| To do |
Each line of the data below from the one holding "native_error_code (fdb_error code)" to the one holding "else if eqb_ℤ", inclusive, is to be reproduced exactly; no other line belongs in the answer.

| Given data |
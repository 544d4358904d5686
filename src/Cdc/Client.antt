-- ===== src/Cdc/Client.antt =====
-- cdc/client.py. The binding `fdb` answers through the environment.
pub mod Keeps
use kafka_fdb_streamline.Common.{
  ⊤, ◌^◌, Bool, true, false, ◌&&◌, ◌||◌, not, Option, none, some, List, ◌∷◌, if◌then◌else◌, ℤ, pos,
  negsuc, ◌-◌, ltb_ℤ, eqb_ℤ,
}
use kafka_fdb_streamline.Common.Texts.{codes, bytes_lt, contains, lower, utf8}
use kafka_fdb_streamline.Errors.{
  not_supported, invalid_range, invalid_cursor, retryable, terminal, cdc_error, Exn, cdc, fdb_error,
  runtime_error, binding, api_version_conflict, type_error, value_error,
}
use kafka_fdb_streamline.Exec.{
  Result, ok, err, pure, raise, gets, lift, catch, modify, raise_if, ◌>>=◌, ◌>>◌,
}
use kafka_fdb_streamline.Serialization.Model.{Bytes, Text, Value}
use kafka_fdb_streamline.Serialization.Checks.{encodes_as_utf8}
use kafka_fdb_streamline.World.{
  FdbCall, fdb_get_api_version, fdb_open, fdb_read_version, fdb_api_version, fdb_register,
  fdb_create_consumer, fdb_remove, fdb_list, fdb_resume_consumer, Cursor, Event, Env, M,
}

abbrev pub minimum_cdc_api_version : ℤ
minimum_cdc_api_version = pos 800

abbrev pub fdb_transaction_too_old : ℤ
fdb_transaction_too_old = pos 1007

abbrev pub fdb_server_overloaded : ℤ
fdb_server_overloaded = pos 1211

abbrev pub fdb_client_invalid_operation : ℤ
fdb_client_invalid_operation = pos 2000

-- `_native_error_code`: FDBError carries a code, and so do the consume errors of cdc/errors.py.
unfoldable pub native_error_code : Exn → Option ℤ
native_error_code (fdb_error code) = some code
native_error_code (cdc (retryable code)) = some code
native_error_code (cdc (terminal code)) = some code
native_error_code _ = none

consume_failure_of : Exn → Option ℤ → Exn
consume_failure_of e none = cdc cdc_error
consume_failure_of e (some code) =
    if eqb_ℤ code fdb_server_overloaded
    then cdc (retryable code)
    else if eqb_ℤ code fdb_transaction_too_old || eqb_ℤ code fdb_client_invalid_operation
    then cdc (terminal code)
    else e

-- The exception that `_raise_consume_failure` raises.
unfoldable pub consume_failure : Exn → Exn
unfolding native_error_code consume_failure_of
consume_failure e = consume_failure_of e (native_error_code e)

-- `_to_bytes`; encoding a surrogate raises UnicodeEncodeError, a ValueError.
unfoldable pub to_bytes : Value → Result Bytes
to_bytes (Value.bytes name) = ok name
to_bytes (Value.str name) = if encodes_as_utf8 name then ok (utf8 name) else err value_error
to_bytes _ = err type_error

-- The test of `_translate_cdc_runtime_error` on a message.
unfoldable pub lacks_native_cdc : Text → Bool
lacks_native_cdc text =
    let message = lower text in
    contains (codes "native cdc") message
    && (contains (codes "does not support") message
        || contains (codes "requires api version") message)

-- `except RuntimeError as exc: _translate_cdc_runtime_error(exc)`
unfoldable pub translate_cdc_runtime_error : {A : Type 0} → Exn → M A
translate_cdc_runtime_error (runtime_error (binding text)) =
    raise (if lacks_native_cdc text then cdc not_supported else runtime_error (binding text))
translate_cdc_runtime_error e = raise e

-- Each coordinate of a cursor: present, and an exact int from `low` up to, not including, `high`.
unfoldable pub coordinate : Option Value → ℤ → ℤ → Result ℤ
coordinate (some (Value.int value)) low high =
    if ltb_ℤ value low || not (ltb_ℤ value high) then err (cdc invalid_cursor) else ok value
coordinate _ low high = err (cdc invalid_cursor)

unfoldable pub set_db : Bool → M ⊤
unfolding modify
set_db is_open = modify (λ w. record w { client = record w.client { db = is_open } })

unfoldable pub close_client : M ⊤
close_client = set_db false

unfoldable pub valid_range : Value → Value → Result (Bytes × Bytes)
valid_range (Value.bytes begin_key) (Value.bytes end_key) =
    if bytes_lt begin_key end_key then ok (begin_key, end_key) else err (cdc invalid_range)
valid_range _ _ = err (cdc invalid_range)

module _ (env : Env) where
  unfoldable pub fdb : FdbCall → M ℤ
  fdb call w =
      let reply = env.fdb w.trace call in
      (reply, record w { trace = Event.fdb call reply ∷ w.trace })

  -- `except RuntimeError` of `init_fdb`: no version set yet, so select it.
  unfoldable pub select_api_version : ℤ → Exn → M ℤ
  select_api_version api_version (runtime_error (binding text)) =
      if contains (codes "not set") text
      then fdb (fdb_api_version api_version)
      else raise (runtime_error (binding text))
  select_api_version api_version e = raise e

  unfoldable pub init_fdb : ℤ → M ⊤
  init_fdb api_version = do
    raise_if (ltb_ℤ api_version minimum_cdc_api_version) (cdc not_supported)
    raise_if (not env.fdb_installed) (cdc not_supported)
    catch
        (do
          current ← fdb fdb_get_api_version
          raise_if (not (eqb_ℤ current api_version)) (runtime_error api_version_conflict)
          pure current)
        (select_api_version api_version)
    pure tt

  -- `FDBClient.open`, and the property `db`.
  unfoldable pub open_client : M ⊤
  open_client = do
    client ← gets (λ w. w.client)
    if client.db then pure tt else do init_fdb client.api_version; fdb fdb_open; set_db true

  unfoldable pub register_cdc_stream : Value → Value → Value → M ℤ
  register_cdc_stream name begin_key end_key = do
    (begin, end) ← lift (valid_range begin_key end_key)
    catch (do open_client; raw ← lift (to_bytes name); fdb (fdb_register raw begin end))
        translate_cdc_runtime_error

  unfoldable pub create_cdc_consumer : Value → M ℤ
  create_cdc_consumer name =
      catch (do open_client; raw ← lift (to_bytes name); fdb (fdb_create_consumer raw))
        translate_cdc_runtime_error

  unfoldable pub resume_cdc_consumer : Cursor → M ℤ
  resume_cdc_consumer cursor = do
    lift (coordinate cursor.stream_id (pos 0) (pos (2 ^ 64)))
    lift (coordinate cursor.last_consumed_version (negsuc (2 ^ 63 - 1)) (pos (2 ^ 63)))
    catch (do open_client; fdb (fdb_resume_consumer cursor)) translate_cdc_runtime_error

  unfoldable pub remove_cdc_stream : Value → M ℤ
  remove_cdc_stream name =
      catch (do open_client; raw ← lift (to_bytes name); fdb (fdb_remove raw))
        translate_cdc_runtime_error

  -- What the native listing has, where it does not raise, is the argument.
  unfoldable pub list_cdc_streams : {A : Type 0} → List A → M (List A)
  list_cdc_streams streams =
      catch (do open_client; fdb fdb_list; pure streams) translate_cdc_runtime_error

  unfoldable pub get_read_version : M ℤ
  get_read_version = do open_client; fdb fdb_read_version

| Answer to this task |
native_error_code (fdb_error code) = some code
native_error_code (cdc (retryable code)) = some code
native_error_code (cdc (terminal code)) = some code
native_error_code _ = none

consume_failure_of : Exn → Option ℤ → Exn
consume_failure_of e none = cdc cdc_error
consume_failure_of e (some code) =
    if eqb_ℤ code fdb_server_overloaded
    then cdc (retryable code)
    else if eqb_ℤ code fdb_transaction_too_old || eqb_ℤ code fdb_client_invalid_operation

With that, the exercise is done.